-- ===== src/BuildScript/Names.antt =====
-- The name that a C file of the directory bpf gives to its module.
use bouclier_bleu.Base.{
  ℕ, ◌≡◌, refl, sym, subst, Bool, true, false, some, [], ◌∷◌, ◌++◌, arith, Text, codes, text_eq,
  text_eq_iff, text_eq_refl, Bool-cases, inl, inr,
}
use bouclier_bleu.BuildScript.{ends_with, trim_end_matches, extension_from, has_extension, suffix}

-- What ends with the suffix of the C files has the extension of a C file, so the test of the
-- extension refuses none of them.
extension-suffix :
    (seen : Bool) (name : Text)
    → ends_with name suffix ≡ true
    → extension_from seen name ≡ some (codes "c")
unfolding extension_from ends_with text_eq
extension-suffix seen [] h = cc
extension-suffix seen (c ∷ cs) h = elim (Bool-cases (text_eq (c ∷ cs) suffix)) [
  | inl whole ↦
      let e : c ∷ cs ≡ suffix = (text_eq_iff (c ∷ cs) suffix).0 whole in
      subst (λ t. extension_from seen t ≡ some (codes "c")) (sym e) refl
  | inr more ↦ ground (arith, extension-suffix true cs, more)
]

pub has_extension-suffix :
    (name : Text) → ends_with name suffix ≡ true → has_extension (codes "c") name ≡ true
unfolding has_extension
has_extension-suffix name h =
    rw (extension-suffix false name h, has_extension) (text_eq_refl (codes "c"))

trim_suffix : trim_end_matches suffix suffix ≡ []
unfolding trim_end_matches text_eq
trim_suffix = refl

ends_with-cons :
    (c : ℕ) (cs part : Text)
    → ends_with (c ∷ cs) part ≡ false
    → (text_eq (c ∷ cs) part ≡ false) × (ends_with cs part ≡ false)
unfolding ends_with
ends_with-cons c cs part h = (ground arith, ground arith)

trim_cons :
    (c : ℕ) (cs m part : Text)
    → trim_end_matches cs part ≡ m
    → text_eq (c ∷ m) part ≡ false
    → trim_end_matches (c ∷ cs) part ≡ c ∷ m
unfolding trim_end_matches
trim_cons c cs m part e other = rw e (rw other refl)

-- A name that does not itself end with the suffix is the module of the file that it names.
pub trim_end_matches-append :
    (m : Text) → ends_with m suffix ≡ false → trim_end_matches (m ++ suffix) suffix ≡ m
trim_end_matches-append [] h = trim_suffix
trim_end_matches-append (c ∷ cs) h =
    let (other, shorter) = ends_with-cons c cs suffix h in
    trim_cons c (cs ++ suffix) cs suffix (trim_end_matches-append cs shorter) other

pub ends_with-append : (m : Text) → ends_with (m ++ suffix) suffix ≡ true
unfolding ends_with text_eq
ends_with-append [] = refl
ends_with-append (c ∷ cs) = ground (arith, ends_with-append cs)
——————————
### Action item
Set down the lines of the listing above verbatim, first line through the line containing "rw (extension-suffix false", inclusive; add no other lines.

### Written reply
-- ===== src/BuildScript/Names.antt =====
-- The name that a C file of the directory bpf gives to its module.
use bouclier_bleu.Base.{
  ℕ, ◌≡◌, refl, sym, subst, Bool, true, false, some, [], ◌∷◌, ◌++◌, arith, Text, codes, text_eq,
  text_eq_iff, text_eq_refl, Bool-cases, inl, inr,
}
use bouclier_bleu.BuildScript.{ends_with, trim_end_matches, extension_from, has_extension, suffix}

-- What ends with the suffix of the C files has the extension of a C file, so the test of the
-- extension refuses none of them.
extension-suffix :
    (seen : Bool) (name : Text)
    → ends_with name suffix ≡ true
    → extension_from seen name ≡ some (codes "c")
unfolding extension_from ends_with text_eq
extension-suffix seen [] h = cc
extension-suffix seen (c ∷ cs) h = elim (Bool-cases (text_eq (c ∷ cs) suffix)) [
  | inl whole ↦
      let e : c ∷ cs ≡ suffix = (text_eq_iff (c ∷ cs) suffix).0 whole in
      subst (λ t. extension_from seen t ≡ some (codes "c")) (sym e) refl
  | inr more ↦ ground (arith, extension-suffix true cs, more)
]

pub has_extension-suffix :
    (name : Text) → ends_with name suffix ≡ true → has_extension (codes "c") name ≡ true
unfolding has_extension
has_extension-suffix name h =
    rw (extension-suffix false name h, has_extension) (text_eq_refl (codes "c"))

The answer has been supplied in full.